Linear regression and tree visualizations

Ridge Regression

Recall that the equation for ridge regression is

$$ \begin{aligned} \hat{w}^\mathrm{ridge} =& \argmin_w \sum_{n=1}^N \left( y^{(n)} - w^\top x^{(n)} \right)^2 + \lambda \Vert w \Vert^2,

\end{aligned} $$

where $y^{(n)}$ is the output for the $n^\text{th}$ data point, $x^{(n)}$ is the $n^\text{th}$ input, $w$ are the weights, and $\lambda$ is the regularizer coefficient.

Consider a very simple dataset with a 1D input space and a single datapoint, such that $x^{(1)} = 1$ and $y^{(1)} = 2$. We can visualize each component of the loss for different values of $w$ and $\lambda$ as follows.

https://s3-us-west-2.amazonaws.com/secure.notion-static.com/2c3cf03d-e6ac-4c3c-98d9-6f04dbafd0cc/ridge.svg

The red line represents the squared error $R(w)$ for different values of $w$, with a minimum at $w = 2.$ Notice that this component of the loss does not depend on $\lambda$. Each green line represents the regularizer $\lambda h(w)=\lambda w^2$ for a different value of $\lambda$. Finally, the grey lines represents the sum of these two curves, with the values of $\lambda$ shown on the right.

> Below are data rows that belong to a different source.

-- ===== src/Base/Sets.antt =====
-- JavaScript's `Set<string>`: a list in insertion order, without repetition.
use Prim.Native.String.{String}
use mathlib.Core.Path.{◌≡◌, refl}
use mathlib.Core.Bool.{Bool, true, false}
use mathlib.Core.List.{List, [], ◌∷◌}
use native.Mathlib.Omega.{arith}
use text.Mathlib.Text.{◌==◌}
use text.Mathlib.TextEquality.{eq_iff}
use approvio.Base.Tests.{if◌then◌else◌}
use approvio.Base.Lists.{includes}

-- `s.add(k)`
unfoldable pub add : String → List String → List String
add k [] = k ∷ []
add k (x ∷ s) = if x == k then x ∷ s else x ∷ add k s

-- `s.delete(k)`
unfoldable pub delete : String → List String → List String
delete k [] = []
delete k (x ∷ s) = if x == k then s else x ∷ delete k s

-- `s.size > 0`
abbrev pub is_nonempty : List String → Bool
is_nonempty [] = false
is_nonempty (_ ∷ _) = true

-- No element is listed twice.
abbrev pub IsUnique : List String → Type 0
IsUnique [] = Unit
IsUnique (x ∷ s) = (includes x s ≡ false) × IsUnique s

pub includes-add :
    (k j : String) (s : List String)
    → includes j (add k s) ≡ (if k == j then true else includes j s)
unfolding add
includes-add k j [] = ground arith
includes-add k j (x ∷ s) = ground (arith, eq_iff k j, eq_iff x k, eq_iff x j, includes-add k j s)

pub add-IsUnique : (k : String) (s : List String) → IsUnique s → IsUnique (add k s)
unfolding add
add-IsUnique k [] h = (refl, tt)
add-IsUnique k (x ∷ s) h =
    ground (arith, add-IsUnique k s h.1, includes-add k x s, eq_iff x k, eq_iff k x)

pub includes-delete-false :
    (k j : String) (s : List String) → includes j s ≡ false → includes j (delete k s) ≡ false
unfolding delete
includes-delete-false k j [] h = refl
includes-delete-false k j (x ∷ s) h = ground (arith, includes-delete-false k j s)

pub includes-delete :
    (k j : String) (s : List String)
    → IsUnique s
    → includes j (delete k s) ≡ (if k == j then false else includes j s)
unfolding delete
includes-delete k j [] h = ground arith
includes-delete k j (x ∷ s) h =
    ground (arith, eq_iff k j, eq_iff x k, eq_iff x j, includes-delete k j s h.1)

pub delete-IsUnique : (k : String) (s : List String) → IsUnique s → IsUnique (delete k s)
unfolding delete
delete-IsUnique k [] h = tt
delete-IsUnique k (x ∷ s) h =
    ground (arith, delete-IsUnique k s h.1, includes-delete-false k x s h.0)
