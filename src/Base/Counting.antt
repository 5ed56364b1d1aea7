-- ===== src/Base/Counting.antt =====
-- Lengths of lists without repetition.
use approvio.Base.Sets.{IsUnique, delete, includes-delete, delete-IsUnique}
use approvio.Base.Lists.{length, includes, keep}
use Prim.Native.Nat.{◌≤◌, suc}
use Prim.Native.String.{String}
use mathlib.Core.Path.{◌≡◌, refl}
use mathlib.Core.Bool.{Bool, true, ◌&&◌}
use mathlib.Core.List.{List, [], ◌∷◌}
use native.Mathlib.Omega.{arith}
use text.Mathlib.TextEquality.{eq_iff}

length-delete :
    (k : String) (s : List String) → includes k s ≡ true → suc (length (delete k s)) ≡ length s
unfolding delete
length-delete k [] h = cc
length-delete k (x ∷ s) h = ground (arith, length-delete k s)

pub length-le_of_includes :
    (s t : List String)
    → IsUnique s
    → IsUnique t
    → ((k : String) → includes k s ≡ true → includes k t ≡ true)
    → length s ≤ length t
length-le_of_includes [] t u v f = omega arith
length-le_of_includes (x ∷ s) t u v f =
    let here : includes x t ≡ true = f x (ground (arith, eq_iff x x)) in
    let rest =
      length-le_of_includes s (delete x t) u.1 (delete-IsUnique x t v)
        (λ k i. ground (arith, f k, includes-delete x k t v, eq_iff x k)) in
    omega (arith, length-delete x t here, rest)

pub length-eq_of_includes :
    (s t : List String)
    → IsUnique s
    → IsUnique t
    → ((k : String) → includes k s ≡ includes k t)
    → length s ≡ length t
length-eq_of_includes s t u v f = omega (
  arith,
  length-le_of_includes s t u v (λ k i. ground (arith, f k)),
  length-le_of_includes t s v u (λ k i. ground (arith, f k)),
)

pub includes-keep :
    (p : String → Bool) (k : String) (s : List String)
    → includes k (keep p s) ≡ (includes k s && p k)
includes-keep p k [] = refl
includes-keep p k (x ∷ s) = ground (arith, includes-keep p k s, eq_iff x k)

pub keep-IsUnique : (p : String → Bool) (s : List String) → IsUnique s → IsUnique (keep p s)
keep-IsUnique p [] u = tt
keep-IsUnique p (x ∷ s) u = ground (arith, keep-IsUnique p s u.1, includes-keep p x s)
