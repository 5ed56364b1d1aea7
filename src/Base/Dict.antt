-- ===== src/Base/Dict.antt =====
-- JavaScript's `Map<string, V>` and `Set<string>`, in insertion order.
use Prim.Native.String.{String}
use mathlib.Core.Path.{◌≡◌, refl}
use mathlib.Core.Bool.{Bool, true, false}
use mathlib.Core.Option.{Option, none, some}
use mathlib.Core.List.{List, [], ◌∷◌}
use native.Mathlib.Omega.{arith}
use text.Mathlib.Text.{◌==◌}
use text.Mathlib.TextEquality.{eq_iff}
use approvio.Base.Tests.{if◌then◌else◌}

abbrev pub Dict {ℓ} : Type ℓ → Type ℓ
Dict V = List (String × V)

module _ {ℓ} {V : Type ℓ} where
  -- `m.get(k)`
  unfoldable pub lookup : String → Dict V → Option V
  lookup key [] = none
  lookup key ((other, new) ∷ rest) = if other == key then some new else lookup key rest

  -- `m.has(k)`
  unfoldable pub has : String → Dict V → Bool
  has k [] = false
  has k ((j, v) ∷ m) = if j == k then true else has k m

  -- `m.set(k, v)`: a known key keeps its place
  unfoldable pub insert : String → V → Dict V → Dict V
  insert key new [] = (key, new) ∷ []
  insert key new ((other, old) ∷ rest) =
      if other == key then (other, new) ∷ rest else (other, old) ∷ insert key new rest

  -- `m.delete(k)`
  unfoldable pub erase : String → Dict V → Dict V
  erase k [] = []
  erase k ((j, w) ∷ m) = if j == k then m else (j, w) ∷ erase k m

  abbrev pub keys : Dict V → List String
  keys [] = []
  keys ((k, _) ∷ m) = k ∷ keys m

  abbrev pub values : Dict V → List V
  values [] = []
  values ((_, v) ∷ m) = v ∷ values m

  -- No key is listed twice.
  abbrev pub HasUniqueKeys : Dict V → Type 0
  HasUniqueKeys [] = Unit
  HasUniqueKeys ((k, _) ∷ m) = (has k m ≡ false) × HasUniqueKeys m

  pub lookup-insert :
      (key other : String) (new : V) (rest : Dict V)
      → lookup other (insert key new rest) ≡ (if key == other then some new else lookup other rest)
  unfolding lookup insert
  lookup-insert key other new [] = refl
  lookup-insert key other new ((first, old) ∷ rest) = ground (
    arith,
    eq_iff key other,
    eq_iff first key,
    eq_iff first other,
    lookup-insert key other new rest,
  )

  pub has-insert :
      (k j : String) (v : V) (m : Dict V)
      → has j (insert k v m) ≡ (if k == j then true else has j m)
  unfolding has insert
  has-insert k j v [] = refl
  has-insert k j v ((i, w) ∷ m) =
      ground (arith, eq_iff k j, eq_iff i k, eq_iff i j, has-insert k j v m)

  pub insert-HasUniqueKeys :
      (k : String) (v : V) (m : Dict V) → HasUniqueKeys m → HasUniqueKeys (insert k v m)
  unfolding insert
  insert-HasUniqueKeys k v [] h = (unfold has in refl, tt)
  insert-HasUniqueKeys k v ((i, w) ∷ m) h =
      ground (arith, insert-HasUniqueKeys k v m h.1, has-insert k i v m, eq_iff i k, eq_iff k i)

  pub has-eq-false_of_lookup : (k : String) (m : Dict V) → lookup k m ≡ none → has k m ≡ false
  unfolding lookup has
  has-eq-false_of_lookup k [] h = refl
  has-eq-false_of_lookup k ((i, w) ∷ m) h = ground (arith, has-eq-false_of_lookup k m)

  pub lookup-eq-none_of_has : (k : String) (m : Dict V) → has k m ≡ false → lookup k m ≡ none
  unfolding lookup has
  lookup-eq-none_of_has k [] h = refl
  lookup-eq-none_of_has k ((i, w) ∷ m) h = ground (arith, lookup-eq-none_of_has k m)

  pub has-erase_ne : (k j : String) (m : Dict V) → has j m ≡ false → has j (erase k m) ≡ false
  unfolding has erase
  has-erase_ne k j [] h = refl
  has-erase_ne k j ((i, w) ∷ m) h = ground (arith, has-erase_ne k j m)

  pub erase-HasUniqueKeys : (k : String) (m : Dict V) → HasUniqueKeys m → HasUniqueKeys (erase k m)
  unfolding erase
  erase-HasUniqueKeys k [] h = tt
  erase-HasUniqueKeys k ((i, w) ∷ m) h =
      ground (arith, erase-HasUniqueKeys k m h.1, has-erase_ne k i m h.0)

  pub lookup-erase :
      (k j : String) (m : Dict V)
      → HasUniqueKeys m
      → lookup j (erase k m) ≡ (if k == j then none else lookup j m)
  unfolding lookup erase
  lookup-erase k j [] h = ground arith
  lookup-erase k j ((i, w) ∷ m) h = ground (
    arith,
    eq_iff k j,
    eq_iff i k,
    eq_iff i j,
    lookup-erase k j m h.1,
    lookup-eq-none_of_has i m h.0,
  )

The minimum of each grey curve represents the optimal solution $\hat{w}^\mathrm{ridge}$ for a different value of $\lambda$. The key observation is that higher values of $\lambda$ draw $\hat{w}^\mathrm{ridge}$ closer to 0.

We consider a 2D dataset, with 1 input dimension and 1 output dimension. As in the previous lecture, $f(x)$ is a linear function fit on top of a polynomial basis expansion of $x$. For a very small value of $\lambda$, ridge regression produces the following solution:

https://s3-us-west-2.amazonaws.com/secure.notion-static.com/765d2047-3740-4b11-9b23-ce56a02ad714/Mar_2-4.svg

Recall that a small value of $\lambda$ corresponds to a model with high capacity, and a large value of $\lambda$ corresponds to model with low capacity. One one hand, we are able to achieve low training error. However, we see some signs of overfitting. What happens as we increase $\lambda$?

https://s3-us-west-2.amazonaws.com/secure.notion-static.com/449b77fa-e833-4e56-8455-70e51d62b044/Mar_2-5.svg

https://s3-us-west-2.amazonaws.com/secure.notion-static.com/6878d028-92c7-44a1-9ae3-020cee05d123/Mar_2-6.svg

https://s3-us-west-2.amazonaws.com/secure.notion-static.com/b5fdedb7-cc56-4c88-a5fd-f3dbd6d9a65f/Mar_2-7.svg

The training error has doubled compared to our lowest value of $\lambda$, but our solution is much smoother and less likely to be overfit. What if we keep going?

https://s3-us-west-2.amazonaws.com/secure.notion-static.com/02f609ea-cbe0-4270-9406-f6b87688029e/Mar_2-8.svg

https://s3-us-west-2.amazonaws.com/secure.notion-static.com/25526c58-fe77-4d57-b63b-6c19477c1916/Mar_2-9.svg

https://s3-us-west-2.amazonaws.com/secure.notion-static.com/02669ab4-ff05-4c80-a4bd-97a4156aaa5d/Mar_2-10.svg

The coefficients go towards zero due a large regularizer value, the solution approaches a constant. Note that in this example, the bias term is not regularized, which is why the line is not close to 0. This is common practice as a constant offset does not really contribute to the "complexity" of the solution.